## WORK TO BE COMPLETED
Restate verbatim the span of lines below between the line with "read none = failed" and the line with "-- The keyword", including those two lines, and only that span.

## RECORD EXCERPTS

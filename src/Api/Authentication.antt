-- ===== src/Api/Authentication.antt =====
-- Eve/api/authentication.py: `AccessTokenAuthentication.authenticate`. The header arrives as its bytes,
-- one character for each; decoding UTF-8 into the signer's texts is an argument.
use Prim.Native.Char.{Char, code}
use django_app_eve.Prelude.{
  ℕ, ◌+◌, ◌∙◌, ==_iff, ==_refl, ◌↔◌, ◌≡◌, refl, ap, String, Option, none, some, Option-cases, inl,
  inr, Bool, true, false, Bool-cases, List, [], ◌∷◌, find, leb, ◌==◌, ◌&&◌, ◌||◌, if◌then◌else◌,
}
use django_app_eve.Api.Tokens.{
  User, Payload, Loaded, loaded, signature_expired, bad_signature, Signer, Result, ok, invalid,
  is_active_user, check_version, check_payload, read_access_token,
}

-- `bytes.split()`: the words between the bytes that ASCII counts as white space.
abbrev is_blank : Char → Bool
is_blank c = (leb 9 (code c) && leb (code c) 13) || code c == 32

abbrev push : String → List String → List String
push String.[] words = words
push (String.◌∷◌ c w) words = String.◌∷◌ c w ∷ words

-- The word at the front, and the words after it.
unfoldable pub cut_words : String → String × List String
cut_words String.[] = ("", [])
cut_words (String.◌∷◌ c rest) =
    let (word, words) = cut_words rest in
    if is_blank c then ("", push word words) else (String.◌∷◌ c word, words)

unfoldable pub split : String → List String
unfolding cut_words
split s = let (word, words) = cut_words s in push word words

-- A letter of either case.
abbrev either : ℕ → Char → Bool
either small c = code c == small || code c + 32 == small

-- `word.lower() == b"token"`
unfoldable pub is_keyword : String → Bool
is_keyword (String.◌∷◌ a (String.◌∷◌ b (String.◌∷◌ c (String.◌∷◌ d (String.◌∷◌ e String.[]))))) =
    either b't' a && (either b'o' b && (either b'k' c && (either b'e' d && either b'n' e)))
is_keyword _ = false

-- No opinion, AuthenticationFailed, or the user.
pub data Outcome : Type 0 where
  not_ours failed : Outcome
  authenticated : User → Outcome

module _ (signer : Signer) (decode : String → Option signer.Token) (ttl now : ℕ)
    (users : List User) where
  unfoldable pub read : Option signer.Token → Outcome
  read none = failed
  read (some token) = elim (read_access_token signer ttl now users token) [
    | ok u ↦ authenticated u
    | invalid reason ↦ failed
  ]

  unfoldable pub authenticate_words : List String → Outcome
  unfolding read is_keyword
  authenticate_words [] = not_ours
  authenticate_words (scheme ∷ rest) =
      if is_keyword scheme
      then (elim rest [ raw ∷ [] ↦ read (decode raw) | _ ↦ failed ])
      else not_ours

  -- `authenticate`; a header that is missing is the empty one.
  unfoldable pub authenticate : String → Outcome
  unfolding authenticate_words split
  authenticate header = authenticate_words (split header)

-- The keyword in any case, one token, and any white space.
keyword : is_keyword "tOKEN" ≡ true
unfolding is_keyword
keyword = refl

splits : split "  Token abc " ≡ "Token" ∷ "abc" ∷ []
unfolding split
splits = refl

module _ (signer : Signer) (decode : String → Option signer.Token) (ttl now : ℕ)
    (users : List User) where
  -- Why a user is authenticated: the header is the keyword and one token, which the signer loads as an
  -- active user of the table at that user's current version.
  pub record Credited (header : String) (u : User) : Type 0 where
    pub scheme : String
    pub raw : String
    pub token : signer.Token
    pub payload : Payload
    pub words : split header ≡ scheme ∷ raw ∷ []
    pub keyed : is_keyword scheme ≡ true
    pub decoded : decode raw ≡ some token
    pub signed : signer.loads now ttl token ≡ loaded payload
    pub found : find (is_active_user payload.uid) users ≡ some u
    pub current : payload.ver ≡ u.token_version

  check_payload-ok :
      (l : Loaded) (u : User)
      → check_payload users l ≡ ok u
      → (p : Payload) × (l ≡ loaded p)
        × (find (is_active_user p.uid) users ≡ some u)
        × (p.ver ≡ u.token_version)
  unfolding check_payload check_version
  check_payload-ok signature_expired u h = cc
  check_payload-ok bad_signature u h = cc
  check_payload-ok (loaded p) u h = elim (Option-cases (find (is_active_user p.uid) users)) [
    | inl e ↦ cc (rw (e, check_version) at h)
    | inr (v, e) ↦ elim (Bool-cases (p.ver == v.token_version)) [
      | inl same ↦
          let v_u : v ≡ u = cc (rw (e, check_version, same) at h) in
          (
            p,
            refl,
            e ∙ ap some v_u,
            (==_iff p.ver v.token_version).0 same ∙ ap (λ (x : User). x.token_version) v_u,
          )
      | inr other ↦ cc (rw (e, check_version, other) at h)
    ]
  ]

  read-authenticated :
      (o : Option signer.Token) (u : User)
      → read signer decode ttl now users o ≡ authenticated u
      → (t : signer.Token) × (o ≡ some t) × (read_access_token signer ttl now users t ≡ ok u)
  unfolding read
  read-authenticated none u h = cc
  read-authenticated (some t) u h = (t, refl, is_ok (read_access_token signer ttl now users t) h)
    where
      is_ok :
          (r : Result User)
          → elim r [ ok v ↦ authenticated v | invalid reason ↦ failed ] ≡ authenticated u
          → r ≡ ok u
      is_ok (ok v) e = cc
      is_ok (invalid reason) e = cc

  words-authenticated :
      (l : List String) (u : User)
      → authenticate_words signer decode ttl now users l ≡ authenticated u
      → (scheme : String) × (raw : String) × (l ≡ scheme ∷ raw ∷ [])
        × (is_keyword scheme ≡ true)
        × (read signer decode ttl now users (decode raw) ≡ authenticated u)
  unfolding authenticate_words
  words-authenticated [] u h = cc
  words-authenticated (scheme ∷ []) u h = elim (Bool-cases (is_keyword scheme)) [
    | inl e ↦ cc (rw e at h)
    | inr e ↦ cc (rw e at h)
  ]
  words-authenticated (scheme ∷ raw ∷ x ∷ rest) u h = elim (Bool-cases (is_keyword scheme)) [
    | inl e ↦ cc (rw e at h)
    | inr e ↦ cc (rw e at h)
  ]
  words-authenticated (scheme ∷ raw ∷ []) u h = elim (Bool-cases (is_keyword scheme)) [
    | inl e ↦ (scheme, raw, refl, e, rw e at h)
    | inr e ↦ cc (rw e at h)
  ]

  credited :
      (header : String) (u : User)
      → authenticate signer decode ttl now users header ≡ authenticated u
      → Credited header u
  unfolding authenticate read_access_token
  credited header u h =
      let (scheme, raw, words, keyed, reads) = words-authenticated (split header) u h in
      let (token, decoded, accepted) = read-authenticated (decode raw) u reads in
      let (payload, signed, found, current) =
        check_payload-ok (signer.loads now ttl token) u accepted in
      record {
        scheme = scheme;
        raw = raw;
        token = token;
        payload = payload;
        words = words;
        keyed = keyed;
        decoded = decoded;
        signed = signed;
        found = found;
        current = current;
      }

  accepted :
      (header : String) (u : User)
      → Credited header u
      → authenticate signer decode ttl now users header ≡ authenticated u
  unfolding authenticate authenticate_words read read_access_token check_payload check_version
  accepted header u c =
      rw (c.words, c.keyed, c.decoded, read, read_access_token, c.signed, check_payload, c.found)
        (rw (c.current, ==_refl u.token_version))

  -- A request is authenticated as a user exactly when its Authorization header is the word "token",
  -- in any case, and one more word, which decodes to a token that the signer loads, at this time,
  -- as an active user of the table at that user's current version.
  pub authenticate_iff :
      (header : String) (u : User)
      → (authenticate signer decode ttl now users header ≡ authenticated u) ↔ Credited header u
  authenticate_iff header u = (credited header u, accepted header u)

## FINISHED TASK
  read none = failed
  read (some token) = elim (read_access_token signer ttl now users token) [
    | ok u ↦ authenticated u
    | invalid reason ↦ failed
  ]

  unfoldable pub authenticate_words : List String → Outcome
  unfolding read is_keyword
  authenticate_words [] = not_ours
  authenticate_words (scheme ∷ rest) =
      if is_keyword scheme
      then (elim rest [ raw ∷ [] ↦ read (decode raw) | _ ↦ failed ])
      else not_ours

  -- `authenticate`; a header that is missing is the empty one.
  unfoldable pub authenticate : String → Outcome
  unfolding authenticate_words split
  authenticate header = authenticate_words (split header)

-- The keyword in any case, one token, and any white space.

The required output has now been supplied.